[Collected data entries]
───

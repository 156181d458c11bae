-- ===== src/Approvals/Queue.antt =====
-- apps/runtime/citadel/services/approval_service.py: the life of an approval in the queue.
use ledger_sdk.Prelude.{
  String, Bool, true, false, ◌&&◌, ◌==◌, Option, none, some, List, [], ◌∷◌, All, find_by,
  update_where, count_where, str_or, if◌then◌else◌, ◌<>◌, ◌≡◌, refl, sym, ◌∙◌, ap, inl, inr,
  Option-cases, arith, Each, Each-update_where, ◌<◌, ◌≤◌, eq_iff, Bool-cases, and_left, ◌⊎◌,
}
use mathlib.Core.Path.{subst}
use ledger_sdk.Exec.{Result, ok, raised, ◌>>=◌}
use ledger_sdk.Db.{Env, World, ApprovalRow}
use ledger_sdk.Repository.{get_approval, joined_approval}
use ledger_sdk.Approvals.{
  resolve_approval, pending_row, decided, process_expirations, past_expiry, expire, refused,
  ApprovalResult,
}

-- Whether a call raised.
abbrev pub is_raised {ℓ} : {A : Type ℓ} → Result A → Bool
is_raised (ok a) = false
is_raised (raised e) = true

none_pending :
    (env : Env) (id reviewer decision why : String) (rows : List ApprovalRow)
    → decision == "pending" ≡ false
    → find_by
        (pending_row id)
        (update_where (pending_row id) (decided env reviewer decision why) rows)
      ≡ none
none_pending env id reviewer decision why [] h = refl
none_pending env id reviewer decision why (x ∷ xs) h =
    ground (arith, h, none_pending env id reviewer decision why xs h)

-- Without a pending row, a decision raises and changes nothing.
resolve-none :
    (env : Env) (id reviewer decision : String) (reason : Option String) (w : World)
    → find_by (pending_row id) w.db.approvals ≡ none
    → (is_raised (resolve_approval env id reviewer decision reason w).0 ≡ true)
      × ((resolve_approval env id reviewer decision reason w).1 ≡ w)
unfolding resolve_approval refused get_approval ◌>>=◌
resolve-none env id reviewer decision reason w h = subst Settled (sym (ap outcome h)) (
    raises
      (find_by (λ ap. ap.approval_id == id && joined_approval none w.db.actions ap) w.db.approvals))
  where
    Settled : Result ApprovalResult × World → Type 0
    Settled (r, w') = (is_raised r ≡ true) × (w' ≡ w)

    why : String
    why = str_or reason ("Decision: " <> decision)

    outcome : Option ApprovalRow → Result ApprovalResult × World
    outcome none = (get_approval id none >>= refused id) w
    outcome (some ap) = (
      ok (record {
        approval_id = id;
        status = decision;
        reviewed_by = some reviewer;
        reason = some why;
      }),
      record w {
        db = record w.db {
          approvals =
              update_where (pending_row id) (decided env reviewer decision why) w.db.approvals;
        };
      },
    )

    raises : (o : Option ApprovalRow) → Settled (refused id o w)
    raises none = (refl, refl)
    raises (some ap) = (refl, refl)

resolve-some :
    (env : Env) (id reviewer decision : String) (reason : Option String) (w : World)
    (row : ApprovalRow)
    → find_by (pending_row id) w.db.approvals ≡ some row
    → (resolve_approval env id reviewer decision reason w).1.db.approvals
      ≡ update_where
          (pending_row id)
          (decided env reviewer decision (str_or reason ("Decision: " <> decision)))
          w.db.approvals
unfolding resolve_approval
resolve-some env id reviewer decision reason w row f = ground (arith, f)

-- A decision other than the text "pending" that succeeds settles the approval: whatever decision
-- is tried next, by whomever and whenever, it raises and changes nothing.
pub resolve_approval-once :
    (env env' : Env) (id reviewer decision : String) (reason : Option String) (w : World)
    (result : ApprovalResult)
    → decision == "pending" ≡ false
    → (resolve_approval env id reviewer decision reason w).0 ≡ ok result
    → (reviewer' decision' : String) (reason' : Option String)
    → let w' = (resolve_approval env id reviewer decision reason w).1 in
      (is_raised (resolve_approval env' id reviewer' decision' reason' w').0 ≡ true)
      × ((resolve_approval env' id reviewer' decision' reason' w').1 ≡ w')
resolve_approval-once env env' id reviewer decision reason w result h e reviewer' decision'
      reason' =
    elim (Option-cases (find_by (pending_row id) w.db.approvals)) [
      | inl n ↦
          absurd
            (ground (arith, ap is_raised e, (resolve-none env id reviewer decision reason w n).0))
      | inr (row, f) ↦ resolve-none env' id reviewer' decision' reason' _ (
          ap (λ rows. find_by (pending_row id) rows)
            (resolve-some env id reviewer decision reason w row f)
          ∙ none_pending env id reviewer decision (str_or reason ("Decision: " <> decision))
              w.db.approvals h)
    ]

abbrev pub Unexpired : Env → ApprovalRow → Type 0
Unexpired env ap = past_expiry env ap ≡ false

unexpired :
    (env : Env) (rows : List ApprovalRow)
    → All (Unexpired env) (update_where (past_expiry env) expire rows)
unexpired env [] = tt
unexpired env (x ∷ xs) = (after (past_expiry env x) refl, unexpired env xs)
  where
    after : (b : Bool) → past_expiry env x ≡ b → Unexpired env (if b then expire x else x)
    after true e = refl
    after false e = e

idle_count :
    (env : Env) (rows : List ApprovalRow)
    → All (Unexpired env) rows
    → (count_where (past_expiry env) rows ≡ 0) × (update_where (past_expiry env) expire rows ≡ rows)
idle_count env [] a = (refl, refl)
idle_count env (x ∷ xs) (e, a) =
    let (c, u) = idle_count env xs a in (ground (arith, e, c), ground (arith, e, u))

-- An approval that is pending past its expiry expires, and nothing else of it changes; any other is
-- as it was.
abbrev pub Expired : Env → ApprovalRow → ApprovalRow → Type 0
Expired env before after =
    ((before.status ≡ "pending")
      × (before.expires_at < env.now)
      × (after ≡ record before { status = "expired" }))
    ⊎ ((¬ (before.status ≡ "pending")) × (after ≡ before))
    ⊎ ((env.now ≤ before.expires_at) × (after ≡ before))

Expired-update_where :
    (env : Env) (rows : List ApprovalRow)
    → Each (Expired env) rows (update_where (past_expiry env) expire rows)
Expired-update_where env =
    Each-update_where (Expired env) (past_expiry env) expire
      (λ ap h. inl ((eq_iff ap.status "pending").0 (and_left _ _ h), ground (arith, h), refl))
      λ ap h. elim (Bool-cases (ap.status == "pending")) [
        | inl e ↦ inr (inr (ground (arith, e, h), refl))
        | inr e ↦
            inr (inl (λ q. absurd (ground (arith, (eq_iff ap.status "pending").1 q, e)), refl))
      ]

-- After the expirations are processed, every approval that was pending past its expiry is expired
-- and otherwise as it was, every other row is as it was, at its place, no approval is pending past
-- its expiry, and a second run finds nothing to do.
pub process_expirations-Unexpired :
    (env : Env) (w : World)
    → let w' = (process_expirations env w).1 in
      All (Unexpired env) w'.db.approvals
      × Each (Expired env) w.db.approvals w'.db.approvals
      × (process_expirations env w' ≡ (ok 0, w'))
unfolding process_expirations
process_expirations-Unexpired env w = (
  unexpired env w.db.approvals,
  Expired-update_where env w.db.approvals,
  (let (c, u) = idle_count env _ (unexpired env w.db.approvals) in cc (c, u)),
)
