-- ===== src/Approvals/Requirement.antt =====
-- apps/runtime/citadel/services/approval_service.py, check_required: when an approval is asked for.
use ledger_sdk.Prelude.{
  String, ℤ, true, Option, some, List, [], ◌∷◌, any, find_by, ◌≡◌, inl, inr, Bool-cases, arith,
  false_elim,
}
use ledger_sdk.Actions.{Action}
use ledger_sdk.PolicyRules.{Rule}
use ledger_sdk.PolicyResolver.{PolicySnapshot, get_rules}
use ledger_sdk.Approvals.{check_required, asks_approval}

asking :
    (rules : List Rule)
    → any asks_approval rules ≡ true
    → (r : Rule) × (find_by asks_approval rules ≡ some r)
asking [] h = false_elim h
asking (r ∷ rules) h = elim (Bool-cases (asks_approval r)) [
  | inl e ↦ (r, ground (arith, e))
  | inr e ↦ (let (q, f) = asking rules (ground (arith, e, h)) in (q, ground (arith, e, f)))
]

-- One rule of the snapshot that asks for approval makes it required for every action, whatever the
-- action, the rule's condition and the risk.
pub check_required-any :
    (action : Action) (s : PolicySnapshot) (level : Option String) (score : Option ℤ)
    → any asks_approval (get_rules s) ≡ true
    → (check_required action (some s) level score).required ≡ true
unfolding check_required
check_required-any action s level score h = let (r, e) = asking (get_rules s) h in ground (arith, e)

───

**Task description:** Begin at the line above that has "-- A decision" and stop after the line that has "w).0 ≡ ok result", copying each line exactly and adding nothing else.

**Output:**
-- A decision other than the text "pending" that succeeds settles the approval: whatever decision
-- is tried next, by whomever and whenever, it raises and changes nothing.
pub resolve_approval-once :
    (env env' : Env) (id reviewer decision : String) (reason : Option String) (w : World)
    (result : ApprovalResult)
    → decision == "pending" ≡ false
    → (resolve_approval env id reviewer decision reason w).0 ≡ ok result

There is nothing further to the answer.